You get the initial barrage of shots to soften up the target and reduce casualties, and then you can cause some real harm with your swordy dude.

I prefer the Heavy Bolter to Missile Launcher on scouts to be honest, that 2+ blast is just awesome, and the 3 shots can be nice at hurting things...

Bolter Scouts are eh, they're neither here nor there, they can shoot long-range and close-range, and still use their pistols to charge, they really are just cheaper weaker Tactical Marines.

Sniper Scouts are best taken in small groups, so 5 or 10 split, so you can pin multiple units.

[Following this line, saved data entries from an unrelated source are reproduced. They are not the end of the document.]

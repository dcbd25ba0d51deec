-- ===== src/Udp/Client.antt =====
-- transport/udp/udp.go: the calls of a transport that listens, on a world, and the transport as that of
-- a node: dht/transport.go, `Transport`. For a message to a contact, `exchange` gives at each attempt
-- the error of writing to the socket and the reply that comes in time, if there are any.
pub mod Search
use webrtc_dht.Prelude.{ℕ, true, Option, none, some, List, Text, Bytes}
use webrtc_dht.Key.{Key, NodeId}
use webrtc_dht.Key.Hex.{hex_encode}
use webrtc_dht.Types.{Error, Result, err, NetworkNode, ValueMeta}
use webrtc_dht.Transport.{Transport}
use webrtc_dht.Udp.{
  Message, rpc_ping, rpc_store, rpc_find_node, rpc_find_value, plain, request, send_req, error_of,
  nodes_of, value_of,
}

-- `generateReqID`, from the bytes that are read at random.
unfoldable pub generate_req_id : Bytes → Text
unfolding hex_encode
generate_req_id random = hex_encode random

module _ {W : Type 0} (own : NetworkNode) (show_addr : NetworkNode → Text) (random : W → Bytes)
    (encoding : Message → Option Error)
    (exchange : W → NetworkNode → Message → W × (ℕ → Option Error) × (ℕ → Option Message)) where
  -- A message that cannot be encoded is not sent.
  exchanged : W → NetworkNode → Message → Option Error → W × Result Message
  unfolding send_req
  exchanged w target sent (some e) = (w, err e)
  exchanged w target sent none =
      let (w', write, reply) = exchange w target sent in
      (w', send_req (show_addr target) write reply true (some target) none)

  unfoldable pub requested : W → NetworkNode → Message → W × Result Message
  unfolding generate_req_id exchanged
  requested w target msg =
      let sent = request own (generate_req_id (random w)) msg in
      exchanged w target sent (encoding sent)

  unfoldable pub ping_at : W → NetworkNode → W × Option Error
  unfolding requested
  ping_at w target = let (w', r) = requested w target (plain rpc_ping) in (w', error_of r)

  unfoldable pub store_at : W → NetworkNode → Key → ValueMeta → W × Option Error
  unfolding requested
  store_at w target key value =
      let msg = record (plain rpc_store) { key = key; payload = some value } in
      let (w', r) = requested w target msg in (w', error_of r)

  unfoldable pub find_node_at : W → NetworkNode → NodeId → W × Result (List NetworkNode)
  unfolding requested
  find_node_at w target id =
      let (w', r) = requested w target (record (plain rpc_find_node) { target_id = id }) in
      (w', nodes_of r)

  unfoldable pub find_value_at :
      W → NetworkNode → Key → W × Result (Option ValueMeta × List NetworkNode)
  unfolding requested
  find_value_at w target key =
      let (w', r) = requested w target (record (plain rpc_find_value) { key = key }) in
      (w', value_of r)

  -- `fetch` is `FetchBlob`, which uses connections of its own.
  abbrev pub udp_transport :
      (W → NetworkNode → Text → W × Result Bytes)
      → (W → List NetworkNode → W × List NetworkNode)
      → (W → Option Error)
      → Transport
  udp_transport fetch schedule context_error = record {
    World = W;
    ping = ping_at;
    store = store_at;
    find_node = find_node_at;
    find_value = find_value_at;
    fetch_blob = fetch;
    schedule = schedule;
    context_error = context_error;
  }
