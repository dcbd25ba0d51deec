-- ===== src/Udp/Client/Search.antt =====
-- transport/udp/udp.go and dht/logic.go: a search over UDP.
use webrtc_dht.Prelude.{
  ◌≡◌, refl, ap, subst, ◌^◌, ◌<◌, ℕ, Bool, Option, none, some, List, All, Text, Bytes, true,
}
use webrtc_dht.Key.{NodeId}
use webrtc_dht.Types.{Error, is_not_found, Result, ok, err, ok-injective, NetworkNode, ValueMeta}
use webrtc_dht.Node.{Node}
use webrtc_dht.Node.Laws.{IsNode}
use webrtc_dht.Storage.Files.{Formats}
use webrtc_dht.Transport.{Transport}
use webrtc_dht.Routing.Invariant.{IsPeer}
use webrtc_dht.Lookup.{iterative_search, Done}
use webrtc_dht.Lookup.Rounds.{Answers, Whenever}
use webrtc_dht.Lookup.Answered.{err-ne-ok, nothing}
use webrtc_dht.Lookup.Outcome.{IsDone}
use webrtc_dht.Lookup.Termination.{iterative_search-IsDone}
use webrtc_dht.Udp.{Message, nodes_of, value_of}
use webrtc_dht.Udp.Replies.{send_req-eq-ok}
use webrtc_dht.Udp.Client.{exchanged, requested, find_node_at, find_value_at, udp_transport}

module _ {W : Type 0} (own : NetworkNode) (show_addr : NetworkNode → Text) (random : W → Bytes)
    (encoding : Message → Option Error)
    (exchange : W → NetworkNode → Message → W × (ℕ → Option Error) × (ℕ → Option Message))
    (fetch : W → NetworkNode → Text → W × Result Bytes)
    (schedule : W → List NetworkNode → W × List NetworkNode) (context_error : W → Option Error)
    (V : ValueMeta → Type 0)
    (good : (w : W) (target : NetworkNode) (msg m : Message) (attempt : ℕ)
      → (exchange w target msg).2 attempt ≡ some m
      → All IsPeer m.nodes × Whenever V m.value) where
  abbrev pub over : Transport
  over = udp_transport own show_addr random encoding exchange fetch schedule context_error

  exchanged-good :
      (w : W) (target : NetworkNode) (sent : Message) (e : Option Error) (m : Message)
      → (exchanged own show_addr random encoding exchange w target sent e).1 ≡ ok m
      → All IsPeer m.nodes × Whenever V m.value
  unfolding exchanged
  exchanged-good w target sent (some e) m h = absurd (err-ne-ok h)
  exchanged-good w target sent none m h =
      let all =
        send_req-eq-ok (show_addr target) (exchange w target sent).1 (exchange w target sent).2 true
          (some target) none m h in
      good w target sent m 0 all.4

  nodes_of-good :
      (r : Result Message) (ns : List NetworkNode)
      → ((m : Message) → r ≡ ok m → All IsPeer m.nodes × Whenever V m.value)
      → nodes_of r ≡ ok ns
      → All IsPeer ns
  nodes_of-good (ok m) ns g h = subst (All IsPeer) (ok-injective h) (g m refl).0
  nodes_of-good (err e) ns g h = absurd (err-ne-ok h)

  value_of-good :
      (r : Result Message) (v : Option ValueMeta) (ns : List NetworkNode)
      → ((m : Message) → r ≡ ok m → All IsPeer m.nodes × Whenever V m.value)
      → value_of r ≡ ok (v, ns)
      → All IsPeer ns × Whenever V v
  value_of-good (ok m) v ns g h =
      let same = ok-injective h in
      (
        subst (All IsPeer) (ap (λ p. p.1) same) (g m refl).0,
        subst (Whenever V) (ap (λ p. p.0) same) (g m refl).1,
      )
  value_of-good (err e) v ns g h = nothing V (is_not_found e) e v ns h

  pub udp_transport-Answers : Answers over IsPeer V
  unfolding find_node_at find_value_at requested
  udp_transport-Answers = record {
    nodes = λ w n id ns h. nodes_of-good _ ns (exchanged-good w n _ _) h;
    others = λ w n key v ns h. (value_of-good _ v ns (exchanged-good w n _ _) h).0;
    values = λ w n key v ns h. (value_of-good _ (some v) ns (exchanged-good w n _ _) h).1;
  }

  -- A search over UDP from a correct node, with more than 2 ^ 160 of fuel, ends as a search does,
  -- whichever requests fail; if in the replies that come every contact has a key, and `V` holds of
  -- every value.
  pub iterative_search-udp_transport :
      (F : Formats) (fuel : ℕ) (w : W) (node : Node) (target : NodeId) (b : Bool)
      → 2 ^ 160 < fuel
      → IsNode node
      → (d : Done F over) × (iterative_search F over fuel w node target b ≡ some d)
        × IsDone F over IsPeer V (λ _ p. p) udp_transport-Answers b target node.self d
  iterative_search-udp_transport F fuel w node target b enough h =
      iterative_search-IsDone F over V udp_transport-Answers fuel w node target b enough h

I'd suggest against taking pistol/CCweapon squads though, mix them in with Shotguns, but not a whole unit of them, they're fragile compared to normal Marines, so those counter-attacks can hurt you a lot.

*edit*
Wow, I just read your post and found you were only asking whether or not to take the ML.
I say no, I think that the HB fits their use better, leave anti-vehicle to units which are more dedicated to it.
You take the Sniper Rifles to pin things and hurt tough units after all, not shoot vehicles.


----------



## moshpiler (Apr 16, 2009)

imo missile launchers are pretty good with scout snipers, also try teaming up a shotgun scout squad in a storm with something else assaulty. the cerebrus launcher is great


----------



## sphere830 (Aug 4, 2009)

Thanks for the responses. I went ahead and built them with a ML and the rest with sniper rifles. I may end up painting up a unit with shotguns and a sergeant with maybe a power fist, something that can hit a flank hard, etc. I am modeling a Storm too and look forward with experimenting with this vehicle. So far I have mechanized all of the collected units and will have transport/support for every one of my units once I acquire a land raider/crusader...(still not sold on how to put together a land raider??)


----------



## Katie Drake (Nov 28, 2007)

Just keep in mind that putting Scouts with sniper rifles and heavy weapons into a Land Speeder Storm would probably be pretty counter-productive since the Scouts need to remain stationary to fire their weapons. If you plan on putting a unit of Scouts in a Storm, make sure they're equipped with assault or even rapid fire weapons.


----------



## cranvill (Jul 20, 2008)

I normally run my scout snipers in a ten man unit with a missle Launcher and if i can aford it take telison or what ever he is called as this combo is sick and realy good for picking out bosses or heavy wepons in big mobs or even takeing out MC's with the rending and ML.
I wouldnt pu them in a Landspeeder storm though as Katie say's you need them down in cover some were with a good feild of vision or you are going to spend more time moveing than useing that ML.

I plan to equip my storm team with assult scouts with melta charges and tellyport homers for my termys to drop in. But thats just my way of thinking.


----------